Most obviously, I decided to split the business logic (AKA the actual word counting) and the command line interface into seperate packages using Yarn Workspaces.
This is over-kill for such a small project, but for more general utilities this improves re-usability, code seaming and separation of concerns.
Incidentally it also allows me to demonstrate the use of a baby mono-repo, although in a real situation Lerna and Turbo-Repo would probably become involved in order to stream-line builds.
Workspace support used to be a bit touch and go, but at time of working its benefits can often out-weigh the disadvantages.
One gotcha for development is that the typescript server in VSCode does not, as far as I can tell, yet fully support multiple typescript versions. I believe that currently you can get around this by opening each workspace in a new VSCode window and it will automatically detect that it's part of a higher level git repository, however when I've used it previously we made the decision to have typescript configured in the root workspace in order to avoid needing to do that. This is what I've done here.
I've made the assumption that we'll only be tokenizing ASCII text.
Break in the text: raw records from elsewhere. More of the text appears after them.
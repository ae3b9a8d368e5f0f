-- ===== src/TopKeys/Lru.antt =====
-- The words that the theorems on a shard's list are stated in.
use memcached.TopKeys.{◌>>=◌}
use memcached.Common.{
  ℕ, zero, suc, ◌≡◌, Bool, false, ◌||◌, ◌==◌, if◌then◌else◌, Option, none, some, List, [], ◌∷◌,
}

unfoldable pub mem : ℕ → List ℕ → Bool
mem i [] = false
mem i (j ∷ list) = j == i || mem i list

abbrev pub Nodup : List ℕ → Type 0
Nodup [] = Unit
Nodup (i ∷ list) = (mem i list ≡ false) × Nodup list

-- The list without what lies behind its first `n` elements.
unfoldable pub cut {ℓ} : {A : Type ℓ} → ℕ → List A → List A
cut n [] = []
cut zero (x ∷ shown) = []
cut (suc n) (x ∷ shown) = x ∷ cut n shown

-- The first element that passes the test, and the list without it.
unfoldable pub extract {ℓ} : {A : Type ℓ} → (A → Bool) → List A → Option (A × List A)
extract p [] = none
extract p (x ∷ xs) =
    let rest = extract p xs in if p x then some (x, xs) else do (y, ys) ← rest; some (y, x ∷ ys)
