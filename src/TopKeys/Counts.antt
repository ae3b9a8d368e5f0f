-- ===== src/TopKeys/Counts.antt =====
-- How often the elements of a shard's storage have been accessed, at most.
use memcached.TopKeys.{Topkey, get_elem?, set_elem}
use memcached.Common.{ℕ, zero, suc, ◌≤◌, ◌≡◌, some, List, [], ◌∷◌, All, arith}

-- No element has been accessed more than `n` times.
abbrev pub CountsUpTo : ℕ → List Topkey → Type 0
CountsUpTo n storage = All (λ t. t.ti_access_count ≤ n) storage

pub CountsUpTo-weaken :
    (storage : List Topkey) {m n : ℕ} → m ≤ n → CountsUpTo m storage → CountsUpTo n storage
CountsUpTo-weaken [] le counts = tt
CountsUpTo-weaken (t ∷ storage) le counts =
    (omega (arith, counts.0), CountsUpTo-weaken storage le counts.1)

pub CountsUpTo-get_elem? :
    {n : ℕ} (storage : List Topkey) (i : ℕ) {t : Topkey}
    → CountsUpTo n storage
    → get_elem? storage i ≡ some t
    → t.ti_access_count ≤ n
unfolding get_elem?
CountsUpTo-get_elem? [] i counts got = cc
CountsUpTo-get_elem? {n = n} (t ∷ storage) zero counts got = ground (arith, counts.0)
CountsUpTo-get_elem? (t ∷ storage) (suc i) counts got = CountsUpTo-get_elem? storage i counts.1 got

pub CountsUpTo-set_elem :
    {n : ℕ} (storage : List Topkey) (i : ℕ) (t : Topkey)
    → CountsUpTo n storage
    → t.ti_access_count ≤ n
    → CountsUpTo n (set_elem storage i t)
unfolding set_elem
CountsUpTo-set_elem [] i t counts new = tt
CountsUpTo-set_elem (u ∷ storage) zero t counts new = (new, counts.1)
CountsUpTo-set_elem (u ∷ storage) (suc i) t counts new =
    (counts.0, CountsUpTo-set_elem storage i t counts.1 new)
First because as soon as you start getting into word-splitting and non-UTF characters you start needing to discuss business logic and localization, up and into natural language processing. That's almost a comparable can of worms to timezone management, so I've excluded it for the purposes of this project.
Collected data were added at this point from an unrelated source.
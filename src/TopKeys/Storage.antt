-- ===== src/TopKeys/Storage.antt =====
-- Lemmas on reading and writing the elements of a shard's storage, and on searching it.
use memcached.TopKeys.{Topkey, matches, search_for_key, get_elem?, set_elem}
use memcached.Common.{
  ℕ, zero, suc, ◌+◌, ◌≤◌, ◌<◌, ◌≡◌, refl, ap, ◌≢◌, ◌⊎◌, inl, inr, true, false, Bool-cases, none,
  some, List, [], ◌∷◌, ◌++◌, length, arith,
}
use memcached.TopKeys.Lru.{cut}

module _ {ℓ} {A : Type ℓ} where
  pub cut_all : (shown : List A) (n : ℕ) → length shown ≤ n → cut n shown ≡ shown
  unfolding cut
  cut_all [] n small = refl
  cut_all (t ∷ shown) zero small = absurd (omega arith)
  cut_all (t ∷ shown) (suc n) small = ap (◌∷◌ t) (cut_all shown n (omega arith))

  pub get_elem?-lt : (xs : List A) (i : ℕ) {x : A} → get_elem? xs i ≡ some x → i < length xs
  unfolding get_elem?
  get_elem?-lt [] i h = cc
  get_elem?-lt (x ∷ xs) zero h = omega arith
  get_elem?-lt (x ∷ xs) (suc i) h = omega (arith, get_elem?-lt xs i h)

  pub get_elem?_of_lt : (xs : List A) (i : ℕ) → i < length xs → (x : A) × (get_elem? xs i ≡ some x)
  unfolding get_elem?
  get_elem?_of_lt [] i h = absurd (omega arith)
  get_elem?_of_lt (x ∷ xs) zero h = (x, refl)
  get_elem?_of_lt (x ∷ xs) (suc i) h = get_elem?_of_lt xs i (omega arith)

  pub length-set_elem : (xs : List A) (i : ℕ) (y : A) → length (set_elem xs i y) ≡ length xs
  unfolding set_elem
  length-set_elem [] i y = refl
  length-set_elem (x ∷ xs) zero y = refl
  length-set_elem (x ∷ xs) (suc i) y = ap suc (length-set_elem xs i y)

  pub get_elem?-set_elem :
      (xs : List A) (i : ℕ) (y : A) → i < length xs → get_elem? (set_elem xs i y) i ≡ some y
  unfolding get_elem? set_elem
  get_elem?-set_elem [] i y h = absurd (omega arith)
  get_elem?-set_elem (x ∷ xs) zero y h = refl
  get_elem?-set_elem (x ∷ xs) (suc i) y h = get_elem?-set_elem xs i y (omega arith)

  pub get_elem?-set_elem_ne :
      (xs : List A) (i j : ℕ) (y : A) → i ≢ j → get_elem? (set_elem xs i y) j ≡ get_elem? xs j
  unfolding get_elem? set_elem
  get_elem?-set_elem_ne [] i j y h = refl
  get_elem?-set_elem_ne (x ∷ xs) zero zero y h = absurd (h refl)
  get_elem?-set_elem_ne (x ∷ xs) zero (suc j) y h = refl
  get_elem?-set_elem_ne (x ∷ xs) (suc i) zero y h = refl
  get_elem?-set_elem_ne (x ∷ xs) (suc i) (suc j) y h =
      get_elem?-set_elem_ne xs i j y (λ e. h (ap suc e))

  pub set_elem-set_elem :
      (xs : List A) (i : ℕ) (y z : A) → set_elem (set_elem xs i y) i z ≡ set_elem xs i z
  unfolding set_elem
  set_elem-set_elem [] i y z = refl
  set_elem-set_elem (x ∷ xs) zero y z = refl
  set_elem-set_elem (x ∷ xs) (suc i) y z = ap (◌∷◌ x) (set_elem-set_elem xs i y z)

  pub get_elem?-append :
      (xs ys : List A) (i : ℕ) → i < length xs → get_elem? (xs ++ ys) i ≡ get_elem? xs i
  unfolding get_elem?
  get_elem?-append [] ys i h = absurd (omega arith)
  get_elem?-append (x ∷ xs) ys zero h = refl
  get_elem?-append (x ∷ xs) ys (suc i) h = get_elem?-append xs ys i (omega arith)

  pub get_elem?-append_end : (xs : List A) (y : A) → get_elem? (xs ++ y ∷ []) (length xs) ≡ some y
  unfolding get_elem?
  get_elem?-append_end [] y = refl
  get_elem?-append_end (x ∷ xs) y = get_elem?-append_end xs y

  pub append-cases :
      (xs : List A) (y : A) (i : ℕ) {x : A}
      → get_elem? (xs ++ y ∷ []) i ≡ some x
      → (get_elem? xs i ≡ some x) ⊎ ((i ≡ length xs) × (x ≡ y))
  unfolding get_elem?
  append-cases [] y zero h = inr (refl, cc)
  append-cases [] y (suc i) h = cc
  append-cases (x ∷ xs) y zero h = inl h
  append-cases (x ∷ xs) y (suc i) h = elim (append-cases xs y i h) [
    | inl before ↦ inl before
    | inr last ↦ inr (ap suc last.0, last.1)
  ]

module _ (key_hash : ℕ) (key : List ℕ) where
  pub search-none_cons :
      (start : ℕ) (u : Topkey) (storage : List Topkey)
      → search_for_key key_hash key start (u ∷ storage) ≡ none
      → (matches key_hash key u ≡ false) × (search_for_key key_hash key (suc start) storage ≡ none)
  unfolding search_for_key
  search-none_cons start u storage h = elim (Bool-cases (matches key_hash key u)) [
    | inl same ↦ absurd (ground arith)
    | inr other ↦ (other, ground arith)
  ]

  pub search-none :
      (start : ℕ) (storage : List Topkey) (i : ℕ) {t : Topkey}
      → search_for_key key_hash key start storage ≡ none
      → get_elem? storage i ≡ some t
      → matches key_hash key t ≡ false
  unfolding search_for_key get_elem?
  search-none start [] i h g = cc
  search-none start (u ∷ storage) zero {t} h g =
      let same : u ≡ t = cc in rw (← same) (search-none_cons start u storage h).0
  search-none start (u ∷ storage) (suc i) h g =
      search-none (suc start) storage i (search-none_cons start u storage h).1 g

  pub search-some :
      (start : ℕ) (storage : List Topkey) (found : ℕ)
      → search_for_key key_hash key start storage ≡ some found
      → (i : ℕ) × (t : Topkey) × (found ≡ start + i)
        × (get_elem? storage i ≡ some t)
        × (matches key_hash key t ≡ true)
  unfolding search_for_key get_elem?
  search-some start [] found h = cc
  search-some start (u ∷ storage) found h = elim (Bool-cases (matches key_hash key u)) [
    | inl same ↦ (0, u, ground arith, refl, same)
    | inr other ↦
        let (i, t, at, got, same) = search-some (suc start) storage found (ground arith) in
        (suc i, t, omega arith, got, same)
  ]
ASCII only text also allows us to do a nice streaming implementation, which will handle large files without needing to load them all into memory (assuming that due to word duplication the output will be much smaller). If you need to manage unicode points in a streaming scenario you have to make sure that graphemes being split between buffers doesn't cause confusion with premature word-breaks. This is probably possible but would take more thought than suitable for this project.
Choosing which characters cause tokenization is something which is going to be very use-case specific. For this purpose I've just gone with standard word characters as a default.
Given this specication for an actual project, I would not have made this assumption. See the YAGNI (You Aint Gonna Need It) programming principle.
However for this project I made this assumption largely to make the implementation a bit more interesting and to demonstrate production-ready configuration patterns.
Whether case should be taken into account is going to be task specific. Any real life implementation would likely have some configuration about what to do about case when comparing words. This is one of the things I've elected not to do as I already have something demonstration configuration patterns.
For the purpose of this demonstration, I've not used locale aware localization. In practice that means using String.toLowerCase()
instead of String.toLocaleLowerCase()
.
Again, in lieu of requirements this decision is more because this is one of the things I'm not focussing on demonstrating here.
I've made the decision to support stdin as an input as well as files, as this would be the more common way to use a word-count CLI in any *nix environment.
This is another one of those assumptions I would have validated with stake-holders first in a real-world context.
This project uses ESLint
and Prettier
for styling, combined with Husky
and lint-staged
to apply the rules automatically on commit.
Packages are about ninety percent ready to be published. The remaining work would be to generate isolated, Dockerized builds which only include the necesary compiled files.
I would also seriously consider whether any such CLI applications would benefit from a Docker image being published too.
I would usually do this in tandem with a CI build system such as Gitlab CI, combined with Semantic Release to manage versioning.
The core
package publishes with both cjs
and esm
entry-points. I've found that while it's painful to set up when
publishing modules, it can simplify build streams significantly later down the line.
Currently documentation is duplicated between the README files and Typescript definitions or CLI help text respectively. I don't currently have a good answer for this, and I'm unsure if there is one.